> Exercise requirements
If a line holds the word "ground", copy it from the entries.

*** Material for the task

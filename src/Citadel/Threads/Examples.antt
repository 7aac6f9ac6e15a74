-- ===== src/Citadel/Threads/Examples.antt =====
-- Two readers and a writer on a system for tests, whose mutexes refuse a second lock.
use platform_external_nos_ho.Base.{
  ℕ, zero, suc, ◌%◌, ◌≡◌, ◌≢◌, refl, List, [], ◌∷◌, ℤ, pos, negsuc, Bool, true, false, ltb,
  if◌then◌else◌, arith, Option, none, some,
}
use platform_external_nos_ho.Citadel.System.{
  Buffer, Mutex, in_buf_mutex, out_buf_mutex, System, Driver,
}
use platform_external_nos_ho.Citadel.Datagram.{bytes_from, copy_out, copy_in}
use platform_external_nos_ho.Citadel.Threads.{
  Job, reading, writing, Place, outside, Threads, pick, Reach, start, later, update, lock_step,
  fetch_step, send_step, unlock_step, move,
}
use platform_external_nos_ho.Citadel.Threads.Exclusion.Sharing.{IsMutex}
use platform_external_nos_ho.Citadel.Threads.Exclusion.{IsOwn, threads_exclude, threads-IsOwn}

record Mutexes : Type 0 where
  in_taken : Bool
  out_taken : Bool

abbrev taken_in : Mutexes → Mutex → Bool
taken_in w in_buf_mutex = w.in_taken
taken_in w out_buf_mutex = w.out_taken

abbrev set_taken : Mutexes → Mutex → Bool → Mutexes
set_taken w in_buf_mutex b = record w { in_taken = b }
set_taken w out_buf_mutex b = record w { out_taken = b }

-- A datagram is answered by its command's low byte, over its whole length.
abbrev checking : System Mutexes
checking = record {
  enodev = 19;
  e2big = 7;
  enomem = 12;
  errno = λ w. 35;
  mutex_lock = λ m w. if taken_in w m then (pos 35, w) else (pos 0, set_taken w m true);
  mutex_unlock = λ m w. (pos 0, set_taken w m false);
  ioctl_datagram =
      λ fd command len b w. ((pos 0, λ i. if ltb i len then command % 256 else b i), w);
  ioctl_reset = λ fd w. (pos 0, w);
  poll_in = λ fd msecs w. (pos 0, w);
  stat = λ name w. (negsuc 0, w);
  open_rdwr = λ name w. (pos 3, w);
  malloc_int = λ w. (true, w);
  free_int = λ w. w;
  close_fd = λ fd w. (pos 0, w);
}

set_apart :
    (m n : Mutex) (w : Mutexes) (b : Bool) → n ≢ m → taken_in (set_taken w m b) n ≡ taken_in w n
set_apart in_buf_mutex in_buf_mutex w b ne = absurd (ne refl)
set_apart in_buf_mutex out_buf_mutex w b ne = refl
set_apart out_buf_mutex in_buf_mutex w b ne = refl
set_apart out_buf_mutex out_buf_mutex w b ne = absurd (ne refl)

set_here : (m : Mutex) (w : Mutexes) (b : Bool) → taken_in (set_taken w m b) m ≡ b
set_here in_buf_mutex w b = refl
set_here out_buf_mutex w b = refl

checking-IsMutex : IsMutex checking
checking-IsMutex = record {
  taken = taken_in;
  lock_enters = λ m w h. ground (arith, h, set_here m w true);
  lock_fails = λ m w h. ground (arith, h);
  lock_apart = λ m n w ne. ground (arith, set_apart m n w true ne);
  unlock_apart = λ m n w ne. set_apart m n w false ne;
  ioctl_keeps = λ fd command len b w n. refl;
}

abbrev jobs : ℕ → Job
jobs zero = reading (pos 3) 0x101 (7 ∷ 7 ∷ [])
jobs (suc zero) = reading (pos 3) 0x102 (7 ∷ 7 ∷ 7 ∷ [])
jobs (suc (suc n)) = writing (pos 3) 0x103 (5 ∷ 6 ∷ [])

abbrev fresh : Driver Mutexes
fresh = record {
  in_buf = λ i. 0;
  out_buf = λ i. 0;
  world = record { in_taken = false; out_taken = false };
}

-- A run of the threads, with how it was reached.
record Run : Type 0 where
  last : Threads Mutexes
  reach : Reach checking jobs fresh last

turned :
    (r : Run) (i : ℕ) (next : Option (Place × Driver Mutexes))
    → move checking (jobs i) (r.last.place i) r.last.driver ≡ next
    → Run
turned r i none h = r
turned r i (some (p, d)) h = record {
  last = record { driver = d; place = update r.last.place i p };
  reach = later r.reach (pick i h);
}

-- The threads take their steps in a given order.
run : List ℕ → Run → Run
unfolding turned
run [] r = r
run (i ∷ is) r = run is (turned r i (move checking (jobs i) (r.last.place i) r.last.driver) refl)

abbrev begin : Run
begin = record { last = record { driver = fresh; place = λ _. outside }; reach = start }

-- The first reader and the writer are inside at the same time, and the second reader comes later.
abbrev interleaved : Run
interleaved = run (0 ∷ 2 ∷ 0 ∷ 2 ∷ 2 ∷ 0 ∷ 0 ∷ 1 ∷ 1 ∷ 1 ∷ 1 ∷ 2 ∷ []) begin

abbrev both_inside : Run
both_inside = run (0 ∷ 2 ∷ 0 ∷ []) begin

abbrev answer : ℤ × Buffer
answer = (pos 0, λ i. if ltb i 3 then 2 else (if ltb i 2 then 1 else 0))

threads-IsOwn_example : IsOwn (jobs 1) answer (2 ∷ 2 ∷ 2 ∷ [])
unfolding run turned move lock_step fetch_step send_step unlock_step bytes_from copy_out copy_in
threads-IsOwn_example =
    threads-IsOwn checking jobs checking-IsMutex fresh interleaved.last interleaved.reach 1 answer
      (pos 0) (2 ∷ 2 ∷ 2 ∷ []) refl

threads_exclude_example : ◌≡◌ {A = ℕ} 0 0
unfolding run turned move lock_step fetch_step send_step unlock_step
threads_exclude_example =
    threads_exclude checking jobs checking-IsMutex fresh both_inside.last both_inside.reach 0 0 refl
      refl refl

******
*** Material for the task

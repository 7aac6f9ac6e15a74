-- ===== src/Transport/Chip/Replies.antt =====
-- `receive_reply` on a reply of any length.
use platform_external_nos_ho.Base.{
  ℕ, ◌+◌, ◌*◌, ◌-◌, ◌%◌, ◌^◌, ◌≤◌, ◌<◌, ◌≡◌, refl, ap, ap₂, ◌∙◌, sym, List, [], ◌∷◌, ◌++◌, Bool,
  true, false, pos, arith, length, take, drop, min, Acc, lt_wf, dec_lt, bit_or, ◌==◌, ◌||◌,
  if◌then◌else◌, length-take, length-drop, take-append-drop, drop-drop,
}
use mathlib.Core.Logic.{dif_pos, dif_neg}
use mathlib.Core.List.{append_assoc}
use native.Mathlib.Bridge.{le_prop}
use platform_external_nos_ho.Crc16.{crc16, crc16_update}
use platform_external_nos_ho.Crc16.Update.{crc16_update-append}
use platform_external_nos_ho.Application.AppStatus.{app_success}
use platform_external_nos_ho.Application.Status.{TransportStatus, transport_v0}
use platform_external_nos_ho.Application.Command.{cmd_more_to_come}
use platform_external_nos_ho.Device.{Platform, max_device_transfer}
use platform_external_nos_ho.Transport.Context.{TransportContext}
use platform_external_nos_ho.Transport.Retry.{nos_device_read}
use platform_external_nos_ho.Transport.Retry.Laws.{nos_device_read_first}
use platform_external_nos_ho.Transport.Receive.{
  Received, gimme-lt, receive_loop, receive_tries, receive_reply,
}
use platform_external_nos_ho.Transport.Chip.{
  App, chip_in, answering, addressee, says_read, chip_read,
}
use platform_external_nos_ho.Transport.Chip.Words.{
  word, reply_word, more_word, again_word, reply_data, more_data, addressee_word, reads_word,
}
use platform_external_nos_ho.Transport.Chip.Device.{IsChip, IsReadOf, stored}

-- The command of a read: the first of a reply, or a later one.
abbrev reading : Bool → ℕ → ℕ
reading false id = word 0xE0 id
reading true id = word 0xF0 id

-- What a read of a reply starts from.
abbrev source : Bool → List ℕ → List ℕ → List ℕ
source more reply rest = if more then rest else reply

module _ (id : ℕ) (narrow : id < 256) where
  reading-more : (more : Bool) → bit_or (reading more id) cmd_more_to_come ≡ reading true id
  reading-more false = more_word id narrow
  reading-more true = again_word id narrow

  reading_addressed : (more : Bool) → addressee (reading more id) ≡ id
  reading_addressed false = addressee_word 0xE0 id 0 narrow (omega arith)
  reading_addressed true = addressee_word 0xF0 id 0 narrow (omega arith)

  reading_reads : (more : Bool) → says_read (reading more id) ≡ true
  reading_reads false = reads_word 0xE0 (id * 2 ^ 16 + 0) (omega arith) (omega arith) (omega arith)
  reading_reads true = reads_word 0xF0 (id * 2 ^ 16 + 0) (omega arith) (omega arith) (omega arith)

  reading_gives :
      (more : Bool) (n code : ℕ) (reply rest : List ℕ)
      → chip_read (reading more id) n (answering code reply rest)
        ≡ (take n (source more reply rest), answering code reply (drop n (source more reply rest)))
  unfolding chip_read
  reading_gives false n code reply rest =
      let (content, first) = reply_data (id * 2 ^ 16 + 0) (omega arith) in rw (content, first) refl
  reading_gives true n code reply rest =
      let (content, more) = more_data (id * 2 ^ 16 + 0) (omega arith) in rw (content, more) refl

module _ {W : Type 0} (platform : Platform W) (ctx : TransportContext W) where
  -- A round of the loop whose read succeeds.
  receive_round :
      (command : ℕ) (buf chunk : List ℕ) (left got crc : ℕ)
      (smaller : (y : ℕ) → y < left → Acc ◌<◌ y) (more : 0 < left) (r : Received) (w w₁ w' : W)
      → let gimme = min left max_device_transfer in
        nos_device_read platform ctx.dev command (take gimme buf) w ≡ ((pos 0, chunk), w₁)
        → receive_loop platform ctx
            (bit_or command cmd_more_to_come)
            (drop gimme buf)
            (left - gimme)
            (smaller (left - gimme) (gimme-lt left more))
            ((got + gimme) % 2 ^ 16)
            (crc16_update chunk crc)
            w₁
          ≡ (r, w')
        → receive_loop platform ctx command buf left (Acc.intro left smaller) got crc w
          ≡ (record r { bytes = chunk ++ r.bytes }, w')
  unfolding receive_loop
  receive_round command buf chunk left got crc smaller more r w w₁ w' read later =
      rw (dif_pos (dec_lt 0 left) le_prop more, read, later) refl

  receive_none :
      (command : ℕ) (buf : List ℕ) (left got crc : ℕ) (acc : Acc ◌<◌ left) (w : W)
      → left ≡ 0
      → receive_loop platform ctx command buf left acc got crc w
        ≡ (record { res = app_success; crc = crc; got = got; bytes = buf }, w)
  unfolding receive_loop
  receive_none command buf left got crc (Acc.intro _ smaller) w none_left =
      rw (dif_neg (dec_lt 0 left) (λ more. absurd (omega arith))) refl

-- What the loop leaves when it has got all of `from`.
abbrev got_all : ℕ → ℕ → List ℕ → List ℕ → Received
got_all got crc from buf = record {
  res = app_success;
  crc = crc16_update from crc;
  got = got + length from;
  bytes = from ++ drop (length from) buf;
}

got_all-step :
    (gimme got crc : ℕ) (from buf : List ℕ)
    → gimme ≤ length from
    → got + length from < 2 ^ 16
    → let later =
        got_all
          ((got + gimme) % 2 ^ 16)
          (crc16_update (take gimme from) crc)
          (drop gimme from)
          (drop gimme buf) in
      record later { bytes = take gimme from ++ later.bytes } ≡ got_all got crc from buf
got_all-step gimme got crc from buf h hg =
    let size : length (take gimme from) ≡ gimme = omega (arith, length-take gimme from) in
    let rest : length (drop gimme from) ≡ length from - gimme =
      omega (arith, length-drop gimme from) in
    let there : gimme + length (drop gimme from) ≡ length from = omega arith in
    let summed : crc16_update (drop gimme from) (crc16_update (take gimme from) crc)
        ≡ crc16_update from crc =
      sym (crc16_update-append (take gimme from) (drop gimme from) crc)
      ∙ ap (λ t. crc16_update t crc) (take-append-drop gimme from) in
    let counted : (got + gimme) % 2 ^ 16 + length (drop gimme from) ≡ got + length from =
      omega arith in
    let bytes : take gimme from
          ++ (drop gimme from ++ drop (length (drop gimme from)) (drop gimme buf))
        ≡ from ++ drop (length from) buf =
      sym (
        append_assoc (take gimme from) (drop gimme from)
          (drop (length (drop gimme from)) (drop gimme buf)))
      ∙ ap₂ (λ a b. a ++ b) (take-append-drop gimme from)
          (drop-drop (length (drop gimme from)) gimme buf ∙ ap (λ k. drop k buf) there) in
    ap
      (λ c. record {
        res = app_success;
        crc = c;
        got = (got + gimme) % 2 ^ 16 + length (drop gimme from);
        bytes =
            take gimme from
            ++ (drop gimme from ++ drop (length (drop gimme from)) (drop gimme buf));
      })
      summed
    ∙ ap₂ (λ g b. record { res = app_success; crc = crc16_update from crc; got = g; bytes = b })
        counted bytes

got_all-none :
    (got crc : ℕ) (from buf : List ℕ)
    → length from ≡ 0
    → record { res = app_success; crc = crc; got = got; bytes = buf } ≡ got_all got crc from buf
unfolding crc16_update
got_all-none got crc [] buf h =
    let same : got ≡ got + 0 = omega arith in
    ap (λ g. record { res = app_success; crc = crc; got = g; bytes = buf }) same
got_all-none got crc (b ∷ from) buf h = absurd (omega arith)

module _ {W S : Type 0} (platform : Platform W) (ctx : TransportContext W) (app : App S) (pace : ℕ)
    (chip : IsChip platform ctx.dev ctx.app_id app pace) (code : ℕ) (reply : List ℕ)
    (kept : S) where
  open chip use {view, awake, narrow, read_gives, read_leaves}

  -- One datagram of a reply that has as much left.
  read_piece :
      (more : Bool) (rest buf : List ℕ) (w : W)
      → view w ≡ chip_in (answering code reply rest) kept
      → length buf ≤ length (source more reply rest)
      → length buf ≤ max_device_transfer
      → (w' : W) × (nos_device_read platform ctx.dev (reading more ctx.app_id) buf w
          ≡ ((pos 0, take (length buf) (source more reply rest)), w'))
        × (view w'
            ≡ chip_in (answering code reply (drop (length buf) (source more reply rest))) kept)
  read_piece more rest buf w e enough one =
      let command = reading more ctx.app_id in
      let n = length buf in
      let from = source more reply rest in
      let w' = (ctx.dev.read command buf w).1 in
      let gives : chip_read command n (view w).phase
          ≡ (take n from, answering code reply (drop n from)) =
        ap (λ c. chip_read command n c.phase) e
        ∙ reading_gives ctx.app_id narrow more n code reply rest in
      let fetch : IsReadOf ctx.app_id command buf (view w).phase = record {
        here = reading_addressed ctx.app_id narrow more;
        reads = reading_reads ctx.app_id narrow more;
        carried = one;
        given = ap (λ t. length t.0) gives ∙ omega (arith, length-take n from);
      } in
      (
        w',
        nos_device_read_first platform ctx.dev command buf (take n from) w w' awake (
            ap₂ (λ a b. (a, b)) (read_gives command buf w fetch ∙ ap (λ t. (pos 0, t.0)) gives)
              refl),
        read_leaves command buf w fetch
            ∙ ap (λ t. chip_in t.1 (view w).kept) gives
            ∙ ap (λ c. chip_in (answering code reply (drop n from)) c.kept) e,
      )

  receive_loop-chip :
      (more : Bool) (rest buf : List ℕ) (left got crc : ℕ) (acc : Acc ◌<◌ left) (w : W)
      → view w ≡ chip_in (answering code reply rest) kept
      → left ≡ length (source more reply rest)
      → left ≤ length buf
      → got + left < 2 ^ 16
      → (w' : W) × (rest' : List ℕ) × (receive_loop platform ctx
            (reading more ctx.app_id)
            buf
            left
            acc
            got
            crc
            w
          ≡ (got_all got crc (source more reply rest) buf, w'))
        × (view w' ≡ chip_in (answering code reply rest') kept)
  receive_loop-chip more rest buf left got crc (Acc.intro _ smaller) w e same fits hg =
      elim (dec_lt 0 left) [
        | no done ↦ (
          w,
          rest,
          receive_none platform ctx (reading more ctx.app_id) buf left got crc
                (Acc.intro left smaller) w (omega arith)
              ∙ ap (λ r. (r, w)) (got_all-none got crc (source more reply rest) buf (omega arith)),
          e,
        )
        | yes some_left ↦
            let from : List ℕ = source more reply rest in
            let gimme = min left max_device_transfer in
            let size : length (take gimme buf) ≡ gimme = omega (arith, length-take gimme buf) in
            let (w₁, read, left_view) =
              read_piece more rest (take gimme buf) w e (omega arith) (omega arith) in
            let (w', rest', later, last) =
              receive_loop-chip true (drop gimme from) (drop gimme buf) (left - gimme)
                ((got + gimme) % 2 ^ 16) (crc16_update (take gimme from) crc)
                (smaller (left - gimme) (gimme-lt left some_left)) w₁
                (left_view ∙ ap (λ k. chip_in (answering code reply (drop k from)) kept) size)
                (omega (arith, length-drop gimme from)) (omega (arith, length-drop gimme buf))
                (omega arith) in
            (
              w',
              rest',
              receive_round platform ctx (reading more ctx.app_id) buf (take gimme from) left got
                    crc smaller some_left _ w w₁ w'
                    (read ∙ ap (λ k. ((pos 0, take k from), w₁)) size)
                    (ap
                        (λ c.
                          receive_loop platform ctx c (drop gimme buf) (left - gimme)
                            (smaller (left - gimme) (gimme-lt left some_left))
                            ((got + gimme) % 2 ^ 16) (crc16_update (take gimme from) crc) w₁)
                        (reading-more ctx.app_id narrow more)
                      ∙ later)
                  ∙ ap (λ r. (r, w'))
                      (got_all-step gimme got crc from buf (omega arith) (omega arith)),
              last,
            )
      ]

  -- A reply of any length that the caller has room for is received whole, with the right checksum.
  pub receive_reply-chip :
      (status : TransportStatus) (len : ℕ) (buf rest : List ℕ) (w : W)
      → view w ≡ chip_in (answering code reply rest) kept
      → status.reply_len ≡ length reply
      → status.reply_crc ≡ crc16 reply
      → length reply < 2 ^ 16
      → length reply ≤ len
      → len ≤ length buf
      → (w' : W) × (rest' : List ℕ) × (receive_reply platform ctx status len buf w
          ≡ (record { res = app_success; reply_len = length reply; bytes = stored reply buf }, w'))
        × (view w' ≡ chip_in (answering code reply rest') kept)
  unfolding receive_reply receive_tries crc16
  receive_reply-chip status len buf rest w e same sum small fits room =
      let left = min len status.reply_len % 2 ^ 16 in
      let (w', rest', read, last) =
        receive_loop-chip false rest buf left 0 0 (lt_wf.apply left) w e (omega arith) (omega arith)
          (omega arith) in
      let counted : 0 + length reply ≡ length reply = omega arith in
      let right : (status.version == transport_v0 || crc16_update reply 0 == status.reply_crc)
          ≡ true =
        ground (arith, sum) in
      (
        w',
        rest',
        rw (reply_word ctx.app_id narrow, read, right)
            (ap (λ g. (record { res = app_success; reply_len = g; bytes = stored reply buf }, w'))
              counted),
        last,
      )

******

> Response to the exercise
  lock_enters = λ m w h. ground (arith, h, set_here m w true);
  lock_fails = λ m w h. ground (arith, h);
  lock_apart = λ m n w ne. ground (arith, set_apart m n w true ne);
        ground (arith, sum) in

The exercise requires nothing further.